# Qld, mildly interesting



## grinner (May 15, 2008)

so rather wet but thought a 2 hour troll of the double lure mite be good exercise.

not helped by dog jumping overboard constantly in pursuit of pelicans, shags and sea gulls.

got this one after an hour, then went whiting fishing   

anyway, at least it worked ,but hardly an endorsement.

for those who missed previously, 2 lures end to end with 1 metre leader between. i added a hook to the front one as per some suggestions.
also a pic of my horse standing in the fireplace, dumb colt , again, only mildly interesting


----------



## Guest (Jun 10, 2013)

Hey Grinz, aren't you supposed to slaughter the horse before you roast it?


----------



## grinner (May 15, 2008)

hay , youre avatar has stained your username green .

he's a very odd horse, he thinks he's human and he will not leave us alone. and he insists on all his food being heated


----------



## GaryD (Apr 7, 2012)

Looks like a recipe for tangles to me. Glad it worked for you though


----------



## gbc (Feb 16, 2012)

All of a sudden I've got a hankering for a pie?


----------



## BIGKEV (Aug 18, 2007)

We've all spent a bit of time chasing a shag here and there Pete, cut the dog some slack....


----------



## Beekeeper (Aug 20, 2011)

Hey Pete... I thought the leader lure was the one supposed to catch the fish, not the following one!

Nice trevally, 'tho.

Jimbo


----------



## Barrabundy (Sep 29, 2008)

I'm thinking I want to try that double lure one day but I'll wait till I'm catching fish again.

Is the horse enjoying the warmth of the fire or is it just dumb?


----------



## Junglefisher (Jun 2, 2008)

Barrabundy said:


> I'm thinking I want to try that double lure one day but I'll wait till I'm catching fish again.
> 
> Is the horse enjoying the warmth of the fire or is it just dumb?


Horses love ash. I suspect it's anti parasitic. I think that one is just dumb though


----------



## grinner (May 15, 2008)

@ gary d, agree, dont think i will stick with it, no good for casting

@ gbc, pie or pike 

@ big kev, the shag is a very interesting bird, hangs its wings out like an albatross to dry, i presume they are related.
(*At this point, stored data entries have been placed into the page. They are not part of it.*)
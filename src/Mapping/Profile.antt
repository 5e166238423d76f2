-- ===== src/Mapping/Profile.antt =====
-- internal/domain/mapping/model.go: `NormalizeAndValidate`. On an error the caller drops the profile.
use Prim.Native.String.{len}
use k8s_migration.Base.{
  ℕ, String, Bool, not, ◌||◌, List, [], ◌∷◌, ltb, str_eq, str_ltb, order_by, trim_space, Result, ok,
  failure, require, ◌>>=◌, ◌>>◌,
}
use k8s_migration.Environment.{Capabilities, StorageClass}
use k8s_migration.Mapping.Model.{
  KeyValue, NodeLabelMapping, normalize_group, validate_namespaces, validate_target_names,
  validate_node_labels,
}
use k8s_migration.Mapping.Registries.{validate_registries}
use k8s_migration.Mapping.Nfs.{NfsMapping, source_key, validate_nfs}

pub record Profile : Type 0 where
  pub id : ℕ
  pub name : String
  pub target_environment_id : ℕ
  pub storage : List KeyValue
  pub namespaces : List KeyValue
  pub ingress : List KeyValue
  pub registries : List KeyValue
  pub nfs : List NfsMapping
  pub node_labels : List NodeLabelMapping
  pub created_at : ℕ
  pub updated_at : ℕ

abbrev storage_class_names : List StorageClass → List String
storage_class_names [] = []
storage_class_names (c ∷ cs) = c.name ∷ storage_class_names cs

-- The sources of a group differ, so that the order is that of any sort.
unfoldable pub sort_key_values : List KeyValue → List KeyValue
sort_key_values values = order_by (λ a b. str_ltb a.source b.source) values

abbrev earlier_source : NfsMapping → NfsMapping → Bool
earlier_source a b = str_ltb (source_key a) (source_key b)

unfoldable pub normalize_and_validate :
    (String → Bool) → (String → Bool) → Capabilities → Profile → Result Profile
unfolding normalize_group validate_namespaces validate_registries validate_target_names
    validate_node_labels validate_nfs sort_key_values
normalize_and_validate is_label is_name target p = do
  let classes = storage_class_names target.storage_classes
  require (not (str_eq (trim_space p.name) "" || ltb 128 (len (trim_space p.name))))
      (failure "profile name is required and must not exceed 128 characters")
  storage ← normalize_group "storage" [] p.storage
  namespaces ← normalize_group "namespace" [] p.namespaces
  ingress ← normalize_group "ingress" [] p.ingress
  registries ← normalize_group "registry" [] p.registries
  validate_namespaces is_label [] namespaces
  validate_registries registries
  validate_target_names "storage" storage classes
  validate_target_names "ingress" ingress target.ingress_classes
  node_labels ← validate_node_labels is_name [] [] p.node_labels
  nfs ← validate_nfs classes [] p.nfs
  ok (record p {
    name = trim_space p.name;
    storage = sort_key_values storage;
    namespaces = sort_key_values namespaces;
    ingress = sort_key_values ingress;
    registries = sort_key_values registries;
    node_labels = order_by (λ a b. str_ltb a.source b.source) node_labels;
    nfs = order_by earlier_source nfs;
  })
@yaqdoc, not scared of fire at all...odd

@ jim, i thought the second lure , jim. heres one for you to try. a drop shot with 3 or four plastics fluttering at 6 inch intervals above the bottom sinker, (all attached to the main line) would look like a little school of bait fish near the bottom

@con, paul worsterling caught a barra on it which is what gave me the idea

@ liam, he's a scarey dog, very tough, been stood on and kicked by horses many times. the main scare with fishing with him is that i mainly whiting fish in very shallow water (yak parked) and you get a few sting rays and when he sees that big tail flicking in the air , he just takes off. i have to cut the line at that stage. i cant afford to have a kayakone incident. he has still caught a few.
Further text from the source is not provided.